### Extracted entries
-- ===== src/Reconciler/Issue/Trace.antt =====
-- The steps of an `issue` that returns no error.
use kmp_issuer.Base.{◌≡◌, ◌∙◌, Bool, Result, ok, ok-injective}
use kmp_issuer.Text.{Bytes}
use kmp_issuer.Errors.{GoError}
use kmp_issuer.Api.Issuers.{IssuerSpec}
use kmp_issuer.Api.Certificates.{KmpCertificate, KmpCertificateStatus}
use kmp_issuer.Cluster.Data.{SecretData}
use kmp_issuer.Cluster.Access.{Secret, Cluster, Library}
use kmp_issuer.Cluster.Builders.{Builders, Provisioner}
use kmp_issuer.Client.Call.{◌>>=◌, return}
use kmp_issuer.Client.Call.Runs.{first_step, lift_eq_ok, map_err-eq-ok, result_of, state_of}
use kmp_issuer.Provision.Flow.{ProvisionedCertificate}
use kmp_issuer.IssuerController.{auth_name, auth_secret_failure}
use kmp_issuer.Reconciler.{Reconciler}
use kmp_issuer.Reconciler.Spec.{provision_request}
use kmp_issuer.Reconciler.Need.{secret_name}
use kmp_issuer.Reconciler.Password.{stepped, key_store_password}
use kmp_issuer.Reconciler.Issue.{
  Material, fill_secret, writing_failure, resolve_issuer, write_secret, issued_status, split_bundle,
  store_provisioned, issue_protected, issue_authorized, issue_from, issue,
}

both_parts : {A B : Type 0} {x : A × B} {a : A} {b : B} → x.0 ≡ a → x.1 ≡ b → x ≡ (a, b)
both_parts h k = cc

stepped_eq_ok :
    {E S A : Type 0} (g : E → GoError) (m : S → Result E A × S) {s t : S} {a : A}
    → stepped g m s ≡ (ok a, t)
    → m s ≡ (ok a, t)
stepped_eq_ok g m {s} h = both_parts (map_err-eq-ok g (m s).0 (result_of h)) (state_of h)

abbrev material : Bytes → Bool → ProvisionedCertificate → Bytes × Bytes → Material
material password generated provisioned (chain_pem, ca_pem) = record {
  chain_pem = chain_pem;
  ca_pem = ca_pem;
  key_pem = provisioned.private_key_pem;
  password = password;
  generated = generated;
}

module _ {S : Type 0} (r : Reconciler S) where
  -- What `issue` did, from a state to the next: the issuer and its credentials were read, then the
  -- password, a provisioner built from these answered the request of the spec, and the Secret was
  -- written with the key and the chain that it answered with.
  pub record IsIssued (certificate : KmpCertificate) (s t : S) (status : KmpCertificateStatus)
      : Type 0 where
    pub spec : IssuerSpec
    pub namespace : Bytes
    pub auth_secret : Secret
    pub password : Bytes
    pub generated : Bool
    pub provisioner : Provisioner S
    pub provisioned : ProvisionedCertificate
    pub chain_pem : Bytes
    pub ca_pem : Bytes
    pub resolved_state : S
    pub authorized_state : S
    pub protected_state : S
    pub provisioned_state : S
    pub resolved : resolve_issuer r certificate s ≡ (ok (spec, namespace), resolved_state)
    pub authorized :
        Cluster.get_secret (Reconciler.cluster r) (auth_name spec namespace) resolved_state
        ≡ (ok auth_secret, authorized_state)
    pub protected :
        key_store_password r certificate authorized_state
        ≡ (ok (password, generated), protected_state)
    pub built :
        Builders.provisioner (Reconciler.builders r) spec auth_secret.contents ≡ ok provisioner
    pub answered :
        provisioner (provision_request certificate.spec password) protected_state
        ≡ (ok provisioned, provisioned_state)
    pub split :
        Library.split_chain (Reconciler.library r) provisioned.bundle.chain_pem
        ≡ ok (chain_pem, ca_pem)
    pub written :
        Cluster.create_or_update
          (Reconciler.cluster r)
          (secret_name certificate)
          (fill_secret
            (Reconciler.library r)
            certificate
            (material password generated provisioned (chain_pem, ca_pem)))
          provisioned_state
        ≡ (ok tt, t)
    pub status_of : issued_status r certificate provisioned ≡ status

  write_secret_steps :
      (certificate : KmpCertificate) (m : Material) (s t : S)
      → write_secret r certificate m s ≡ (ok tt, t)
      → Cluster.create_or_update
          (Reconciler.cluster r)
          (secret_name certificate)
          (fill_secret (Reconciler.library r) certificate m)
          s
        ≡ (ok tt, t)
  unfolding write_secret
  write_secret_steps certificate m s t h =
      stepped_eq_ok (writing_failure certificate)
        (Cluster.create_or_update (Reconciler.cluster r) (secret_name certificate)
          (fill_secret (Reconciler.library r) certificate m))
        h

  module _ (certificate : KmpCertificate) (t : S) (status : KmpCertificateStatus) where
    store_provisioned_steps :
        (password : Bytes) (generated : Bool) (provisioned : ProvisionedCertificate) (s : S)
        → store_provisioned r certificate password generated provisioned s ≡ (ok status, t)
        → (chain_pem ca_pem : Bytes) × (Library.split_chain
              (Reconciler.library r)
              provisioned.bundle.chain_pem
            ≡ ok (chain_pem, ca_pem))
          × (write_secret r certificate
                (material password generated provisioned (chain_pem, ca_pem))
                s
              ≡ (ok tt, t))
          × (issued_status r certificate provisioned ≡ status)
    unfolding store_provisioned split_bundle
    store_provisioned_steps password generated provisioned s h =
        let ((chain_pem, ca_pem), split, h₁) =
          lift_eq_ok (split_bundle r provisioned)
            (λ (parts : Bytes × Bytes). do
              _ ← write_secret r certificate (material password generated provisioned parts)
              return (issued_status r certificate provisioned))
            h in
        let (_, u, written, h₂) =
          first_step
            (write_secret r certificate
              (material password generated provisioned (chain_pem, ca_pem)))
            (λ _. return (issued_status r certificate provisioned)) h₁ in
        (
          chain_pem,
          ca_pem,
          map_err-eq-ok _ _ split,
          both_parts (result_of written) (state_of written ∙ state_of h₂),
          ok-injective (result_of h₂),
        )

    issue_protected_steps :
        (spec : IssuerSpec) (auth_data : SecretData) (password : Bytes) (generated : Bool) (s : S)
        → issue_protected r certificate spec auth_data (password, generated) s ≡ (ok status, t)
        → (provisioner : Provisioner S) × (provisioned : ProvisionedCertificate) × (u : S)
          × (Builders.provisioner (Reconciler.builders r) spec auth_data ≡ ok provisioner)
          × (provisioner (provision_request certificate.spec password) s ≡ (ok provisioned, u))
          × (store_provisioned r certificate password generated provisioned u ≡ (ok status, t))
    unfolding issue_protected
    issue_protected_steps spec auth_data password generated s h =
        let (provisioner, built, h₁) =
          lift_eq_ok _
            (λ (provisioner : Provisioner S).
              provisioner (provision_request certificate.spec password)
              >>= store_provisioned r certificate password generated)
            {s = s} h in
        let (provisioned, u, answered, h₂) =
          first_step (provisioner (provision_request certificate.spec password))
            (store_provisioned r certificate password generated) h₁ in
        (provisioner, provisioned, u, map_err-eq-ok _ _ built, answered, h₂)

  -- If `issue` returns no error, it read the issuer that the certificate names and the Secret of its
  -- credentials, then the password or made one, built a provisioner from that issuer and these
  -- credentials, which answered the request of the spec, and wrote the Secret of the certificate
  -- with the key and the split chain of the answer; the status is of that answer.
  pub issue-IsIssued :
      (certificate : KmpCertificate) (s t : S) (status : KmpCertificateStatus)
      → issue r certificate s ≡ (ok status, t)
      → IsIssued certificate s t status
  unfolding issue issue_from issue_authorized
  issue-IsIssued certificate s t status h =
      let ((spec, namespace), u₁, resolved, h₁) =
        first_step (resolve_issuer r certificate) (issue_from r certificate) h in
      let (auth_secret, u₂, authorized, h₂) =
        first_step
          (stepped (auth_secret_failure (auth_name spec namespace))
            (Cluster.get_secret (Reconciler.cluster r) (auth_name spec namespace)))
          (issue_authorized r certificate spec) h₁ in
      let ((password, generated), u₃, protected, h₃) =
        first_step (key_store_password r certificate)
          (issue_protected r certificate spec auth_secret.contents) h₂ in
      let (provisioner, provisioned, u₄, built, answered, h₄) =
        issue_protected_steps certificate t status spec auth_secret.contents password generated u₃
          h₃ in
      let (chain_pem, ca_pem, split, written, status_of) =
        store_provisioned_steps certificate t status password generated provisioned u₄ h₄ in
      record {
        spec = spec;
        namespace = namespace;
        auth_secret = auth_secret;
        password = password;
        generated = generated;
        provisioner = provisioner;
        provisioned = provisioned;
        chain_pem = chain_pem;
        ca_pem = ca_pem;
        resolved_state = u₁;
        authorized_state = u₂;
        protected_state = u₃;
        provisioned_state = u₄;
        resolved = resolved;
        authorized =
            stepped_eq_ok (auth_secret_failure (auth_name spec namespace))
              (Cluster.get_secret (Reconciler.cluster r) (auth_name spec namespace)) authorized;
        protected = protected;
        built = built;
        answered = answered;
        split = split;
        written =
            write_secret_steps certificate
              (material password generated provisioned (chain_pem, ca_pem)) u₄ t written;
        status_of = status_of;
      }
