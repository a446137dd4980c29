-- ===== src/Reconciler/Issue/Credentials.antt =====
-- The namespace of the credentials that `issue` uses.
use kmp_issuer.Base.{◌≡◌, sym, ◌∙◌, ap, ◌⊎◌, inl, inr, Bool-cases, ok, err-ne-ok, ok-injective}
use kmp_issuer.Text.{Bytes, str_eq, str_eq_iff}
use kmp_issuer.Api.Issuers.{IssuerSpec, KmpIssuer}
use kmp_issuer.Api.Certificates.{KmpCertificate, KmpCertificateStatus}
use kmp_issuer.Cluster.Access.{NamespacedName, Cluster}
use kmp_issuer.Client.Call.{return}
use kmp_issuer.Client.Call.Runs.{run_eq_ok, map_err-eq-ok, result_of}
use kmp_issuer.Reconciler.{Reconciler}
use kmp_issuer.Reconciler.Password.{stepped}
use kmp_issuer.Reconciler.Issue.{
  kind_of, kind_issuer, kind_cluster_issuer, issuer_failure, cluster_issuer_failure,
  get_issuer_spec, get_cluster_issuer_spec, resolve_issuer, issue,
}
use kmp_issuer.Reconciler.Issue.Trace.{IsIssued, issue-IsIssued}

-- The API answers with the issuer that it is asked for.
abbrev pub AnswersByName : {S : Type 0} → Cluster S → Type 0
AnswersByName {S} c =
    (name : NamespacedName) (i : KmpIssuer) (s : S)
    → (Cluster.get_issuer c name s).0 ≡ ok i
    → i.namespace ≡ name.namespace

module _ {S : Type 0} (r : Reconciler S) where
  -- Where the credentials of a certificate are: in its own namespace, for an issuer of that
  -- namespace, or in the one of the cluster's resources, for an issuer of the cluster.
  abbrev pub IsHome : KmpCertificate → Bytes → Type 0
  IsHome certificate namespace =
      ((kind_of certificate ≡ kind_issuer) × (namespace ≡ certificate.namespace))
      ⊎ ((kind_of certificate ≡ kind_cluster_issuer)
          × (namespace ≡ Reconciler.cluster_resource_namespace r))

  get_issuer_spec-namespace :
      (name : NamespacedName) (s t : S) (spec : IssuerSpec) (namespace : Bytes)
      → AnswersByName (Reconciler.cluster r)
      → get_issuer_spec r name s ≡ (ok (spec, namespace), t)
      → namespace ≡ name.namespace
  unfolding get_issuer_spec
  get_issuer_spec-namespace name s t spec namespace by_name h =
      let (i, got, rest) =
        run_eq_ok (stepped (issuer_failure name) (Cluster.get_issuer (Reconciler.cluster r) name))
          (λ i. return (i.spec, i.namespace)) {s = s} h in
      ap (λ x. x.1) (sym (ok-injective (result_of rest)))
      ∙ by_name name i s (
          map_err-eq-ok (issuer_failure name) (Cluster.get_issuer (Reconciler.cluster r) name s).0
            got)

  get_cluster_issuer_spec-namespace :
      (name : Bytes) (s t : S) (spec : IssuerSpec) (namespace : Bytes)
      → get_cluster_issuer_spec r name s ≡ (ok (spec, namespace), t)
      → namespace ≡ Reconciler.cluster_resource_namespace r
  unfolding get_cluster_issuer_spec
  get_cluster_issuer_spec-namespace name s t spec namespace h =
      let (i, got, rest) =
        run_eq_ok
          (stepped (cluster_issuer_failure name)
            (Cluster.get_cluster_issuer (Reconciler.cluster r) name))
          (λ i. return (i.spec, Reconciler.cluster_resource_namespace r)) {s = s} h in
      ap (λ x. x.1) (sym (ok-injective (result_of rest)))

  resolve_issuer-IsHome :
      (certificate : KmpCertificate) (s t : S) (spec : IssuerSpec) (namespace : Bytes)
      → AnswersByName (Reconciler.cluster r)
      → resolve_issuer r certificate s ≡ (ok (spec, namespace), t)
      → IsHome certificate namespace
  unfolding resolve_issuer
  resolve_issuer-IsHome certificate s t spec namespace by_name h =
      elim (Bool-cases (str_eq (kind_of certificate) kind_issuer)) [
        | inl own ↦ inl (
          (str_eq_iff _ _).0 own,
          get_issuer_spec-namespace _ s t spec namespace by_name (rw (resolve_issuer, own) at h),
        )
        | inr other ↦ elim (Bool-cases (str_eq (kind_of certificate) kind_cluster_issuer)) [
          | inl wide ↦ inr (
            (str_eq_iff _ _).0 wide,
            get_cluster_issuer_spec-namespace _ s t spec namespace
                (rw (resolve_issuer, other, wide) at h),
          )
          | inr unknown ↦ absurd (err-ne-ok (result_of (rw (resolve_issuer, other, unknown) at h)))
        ]
      ]

  -- If `issue` returns no error, the credentials that it used stand in the namespace of the
  -- certificate, which names a KMPIssuer then, or in the cluster resource namespace, and then it
  -- names a KMPClusterIssuer; where the API answers with an issuer of the namespace that it is asked
  -- for.
  pub issue-IsHome :
      (certificate : KmpCertificate) (s t : S) (status : KmpCertificateStatus)
      → AnswersByName (Reconciler.cluster r)
      → issue r certificate s ≡ (ok status, t)
      → (i : IsIssued r certificate s t status) × IsHome certificate i.namespace
  issue-IsHome certificate s t status by_name h =
      let i = issue-IsIssued r certificate s t status h in
      (
        i,
        resolve_issuer-IsHome certificate s i.resolved_state i.spec i.namespace by_name i.resolved,
      )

### Assignment
Check each line above for the word "injective" and copy the ones that have it.

### Response for this exercise
use kmp_issuer.Base.{◌≡◌, ◌∙◌, Bool, Result, ok, ok-injective}
          ok-injective (result_of h₂),
use kmp_issuer.Base.{◌≡◌, sym, ◌∙◌, ap, ◌⊎◌, inl, inr, Bool-cases, ok, err-ne-ok, ok-injective}
      ap (λ x. x.1) (sym (ok-injective (result_of rest)))
      ap (λ x. x.1) (sym (ok-injective (result_of rest)))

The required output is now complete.